TRY IT ::
Take each line in the entries below that holds "unfolding" and show it.

━━━━━ INPUT DATA ━━━━━

-- ===== src/Tcp/Events/Ending.antt =====
-- `on_read` of src/event/tcp.rs comes to an end: its loops do, and `handle_connect_finish` calls it
-- again only once the connection is no longer being made.
use mathlib.Core.Path.{fun_ext}
use tiny_port_mapper_rust.Connection.{TcpConnection}
use tiny_port_mapper_rust.FdManager.{Fd64, RawFd, to_fd, exist}
use tiny_port_mapper_rust.Kernel.{Kernel, readable}
use tiny_port_mapper_rust.Manager.Tcp.{get_connection_by_any_fd}
use tiny_port_mapper_rust.Tcp.Events.Lookup.{found_again, found_local}
use tiny_port_mapper_rust.Tcp.Events.{
  Ends, ends, store, reregister_at, reregister_if, end_loop, read_loop, read_ends, on_read_with,
  connected, handle_connect_finish, on_read,
}
use tiny_port_mapper_rust.Tcp.Relay.{
  Relay, Round, next, leave, closing, bad, local_round, remote_round, relay,
}
use tiny_port_mapper_rust.Tcp.Relay.Delivery.{relay-ne-next}
use tiny_port_mapper_rust.Tcp.Relay.Ends.{IsQuiet, remote_round_eq, relay_local-ne-stuck}
use tiny_port_mapper_rust.Tokens.{Token, get_token}
use tiny_port_mapper_rust.World.Valid.{IsValid, same-IsValid}
use tiny_port_mapper_rust.World.{World, Result, fault, stuck}
use tiny_port_mapper_rust.Common.{
  ◌==◌, Bool-cases, Option-cases, ℕ, ◌<◌, ◌≡◌, refl, sym, ap, ◌∙◌, subst, ◌≢◌, inl, inr, true,
  false, ◌&&◌, not, Option, none, some, arith,
}

module _ (k : Kernel) (bound : ℕ) where
  relay_remote-ne-stuck :
      (my_fd other_fd : RawFd) (q : IsQuiet k my_fd other_fd) (fuel : ℕ) (r : Relay k)
      → q.queued r.os < fuel
      → relay k fuel (remote_round k my_fd other_fd) r ≢ bad stuck
  relay_remote-ne-stuck my_fd other_fd q fuel r enough =
      subst (λ f. relay k fuel f r ≢ bad stuck)
        (fun_ext (λ x. sym (remote_round_eq k my_fd other_fd x)))
        (relay_local-ne-stuck k my_fd other_fd q fuel false r enough)

  reregister_if-tcp :
      (w : World k) (fd : RawFd) (tok : Option Token)
      → (reregister_at k w fd readable tok).tcp ≡ w.tcp
  reregister_if-tcp w fd none = refl
  reregister_if-tcp w fd (some tok) = refl

  end_loop-ends :
      (w : World k) (fd64 key : Fd64) (c : TcpConnection) (e : Ends) (my_fd other_fd : RawFd)
      (x : Round k)
      → ((r : Relay k) → x ≢ next r)
      → x ≢ bad stuck
      → end_loop k w fd64 key c e my_fd other_fd x ≢ fault stuck
  end_loop-ends w fd64 key c e my_fd other_fd (next r) a b = λ p. a r refl
  end_loop-ends w fd64 key c e my_fd other_fd (leave r) a b = λ p. cc
  end_loop-ends w fd64 key c e my_fd other_fd (closing r) a b = λ p. cc
  end_loop-ends w fd64 key c e my_fd other_fd (bad f) a b = λ p. b (ground arith)

  -- The fuel is above the number of bytes that any socket can hold.
  module _ (q : (my_fd other_fd : RawFd) → IsQuiet k my_fd other_fd) (fuel : ℕ)
      (enough : (my_fd other_fd : RawFd) (s : k.State) → (q my_fd other_fd).queued s < fuel) where
    read_loop-ends :
        (w : World k) (fd64 key : Fd64) (c : TcpConnection) (e : Ends) (my_fd other_fd : RawFd)
        → read_loop k fuel w fd64 key c e my_fd other_fd ≢ fault stuck
    unfolding read_loop
    read_loop-ends w fd64 key c e my_fd other_fd =
        let r : Relay k = record { os = w.os; remote = c.remote; stats = w.stats } in
        elim (Bool-cases e.is_local) [
          | inl a ↦
              simp (a, read_loop)
                (end_loop-ends w fd64 key c e my_fd other_fd _
                  (relay-ne-next k fuel (local_round k c.remote_connecting my_fd other_fd) r)
                  (relay_local-ne-stuck k my_fd other_fd (q my_fd other_fd) fuel c.remote_connecting
                    r (enough my_fd other_fd w.os)))
          | inr a ↦
              simp (a, read_loop)
                (end_loop-ends w fd64 key c e my_fd other_fd _
                  (relay-ne-next k fuel (remote_round k my_fd other_fd) r)
                  (relay_remote-ne-stuck my_fd other_fd (q my_fd other_fd) fuel r
                    (enough my_fd other_fd w.os)))
        ]

    read_ends-ends :
        (w : World k) (fd64 key : Fd64) (c : TcpConnection)
        → read_ends k fuel w fd64 key c ≢ fault stuck
    unfolding read_ends
    read_ends-ends w fd64 key c =
        let e = ends c fd64 in
        elim (Option-cases (to_fd w.fd_manager e.my_fd64)) [
          | inl a ↦ rw (a, read_ends) (λ p. cc)
          | inr (my_fd, a) ↦ elim (Option-cases (to_fd w.fd_manager e.other_fd64)) [
            | inl b ↦ rw (a, read_ends, b) (λ p. cc)
            | inr (other_fd, b) ↦
                rw (a, read_ends, b) (read_loop-ends w fd64 key c e my_fd other_fd)
          ]
        ]

    on_read_with-ends :
        (finish : World k → Fd64 → Result (World k)) (w : World k) (fd64 : Fd64)
        → ((key : Fd64) (c : TcpConnection)
            → get_connection_by_any_fd w.tcp fd64 ≡ some (key, c)
            → (fd64 == c.remote.fd64 && c.remote_connecting) ≡ true
            → finish w fd64 ≢ fault stuck)
        → on_read_with k finish fuel w fd64 ≢ fault stuck
    unfolding on_read_with
    on_read_with-ends finish w fd64 ok_finish = elim (Bool-cases (not (exist w.fd_manager fd64))) [
      | inl a ↦ rw (a, on_read_with) (λ p. cc)
      | inr a ↦ elim (Option-cases (get_connection_by_any_fd w.tcp fd64)) [
        | inl b ↦ rw (a, on_read_with, b) (λ p. cc)
        | inr ((key, c), b) ↦ elim (Bool-cases (fd64 == c.remote.fd64 && c.remote_connecting)) [
          | inl d ↦ rw (a, on_read_with, b, d) (ok_finish key c b d)
          | inr d ↦ rw (a, on_read_with, b, d) (read_ends-ends w fd64 key c)
        ]
      ]
    ]

    -- The inner `on_read`, for a handle under which a connection is found that is no longer made.
    inner-ends :
        (w : World k) (fd64 key : Fd64) (c : TcpConnection)
        → get_connection_by_any_fd w.tcp fd64 ≡ some (key, c)
        → c.remote_connecting ≡ false
        → on_read_with k (λ _ _. fault stuck) fuel w fd64 ≢ fault stuck
    inner-ends w fd64 key c e made =
        on_read_with-ends (λ _ _. fault stuck) w fd64 (λ key' c' f t. ground (arith, made))

    connected-ends :
        (w : World k) (fd64 : Fd64) (fd : RawFd) (key : Fd64) (c : TcpConnection)
        → IsValid k bound w
        → get_connection_by_any_fd w.tcp fd64 ≡ some (key, c)
        → connected k fuel w fd64 fd key c ≢ fault stuck
    unfolding connected
    connected-ends w fd64 fd key c v e =
        let d : TcpConnection = record c { remote_connecting = false } in
        let w₁ = store k w key d in
        let w₂ = reregister_if k w₁ fd64 fd readable in
        let same = reregister_if-tcp w₁ fd (get_token w₁.token_manager fd64) in
        let again = found_again w.tcp fd64 key c d v.tcp e refl in
        let local = found_local w.tcp fd64 key c v.tcp e in
        let by_local = found_again w.tcp c.local.fd64 key c d v.tcp local refl in
        elim (Option-cases (get_token w.token_manager c.local.fd64)) [
          | inr (_, b) ↦
              rw (connected, again, b)
                (inner-ends w₂ c.local.fd64 key d
                  (ap (λ t. get_connection_by_any_fd t c.local.fd64) same ∙ by_local) refl)
          | inl b ↦ elim (Option-cases (get_token w.token_manager fd64)) [
            | inr (_, f) ↦
                rw (connected, again, b, f)
                  (inner-ends w₂ fd64 key d (ap (λ t. get_connection_by_any_fd t fd64) same ∙ again)
                    refl)
            | inl f ↦ rw (connected, again, b, f) (λ p. cc)
          ]
        ]

    pub handle_connect_finish-ends :
        (w : World k) (fd64 : Fd64)
        → IsValid k bound w
        → handle_connect_finish k fuel w fd64 ≢ fault stuck
    unfolding handle_connect_finish
    handle_connect_finish-ends w fd64 v = elim (Option-cases (to_fd w.fd_manager fd64)) [
      | inl a ↦ rw (handle_connect_finish, a) (λ p. cc)
      | inr (fd, a) ↦
          let (os', err) = k.so_error w.os fd in
          elim (Option-cases (get_connection_by_any_fd w.tcp fd64)) [
            | inl b ↦ rw (handle_connect_finish, a, b) (λ p. cc)
            | inr ((key, c), b) ↦ elim (Bool-cases (err == 0)) [
              | inl e ↦
                  rw (handle_connect_finish, a, b, e)
                    (connected-ends (record w { os = os' }) fd64 fd key c
                      (same-IsValid k bound w (record w { os = os' }) v refl refl refl refl) b)
              | inr e ↦ elim (Option-cases (to_fd w.fd_manager c.local.fd64)) [
                | inl d ↦ rw (handle_connect_finish, a, b, e, d) (λ p. cc)
                | inr (other_fd, d) ↦ rw (handle_connect_finish, a, b, e, d) (λ p. cc)
              ]
            ]
          ]
    ]

    -- Where no socket ever holds as many bytes as there is fuel, and nothing arrives during a loop:
    -- from valid tables `on_read` does not get stuck, which is to say that its loops end, and that
    -- `handle_connect_finish`, which calls `on_read` again, is not called a second time.
    pub on_read-ends :
        (w : World k) (fd64 : Fd64) → IsValid k bound w → on_read k fuel w fd64 ≢ fault stuck
    unfolding on_read
    on_read-ends w fd64 v =
        on_read_with-ends (handle_connect_finish k fuel) w fd64
          (λ key c e t. handle_connect_finish-ends w fd64 v)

━━━━━

ANSWER AREA ::
    unfolding read_loop
    unfolding read_ends
    unfolding on_read_with
    unfolding connected
    unfolding handle_connect_finish
    unfolding on_read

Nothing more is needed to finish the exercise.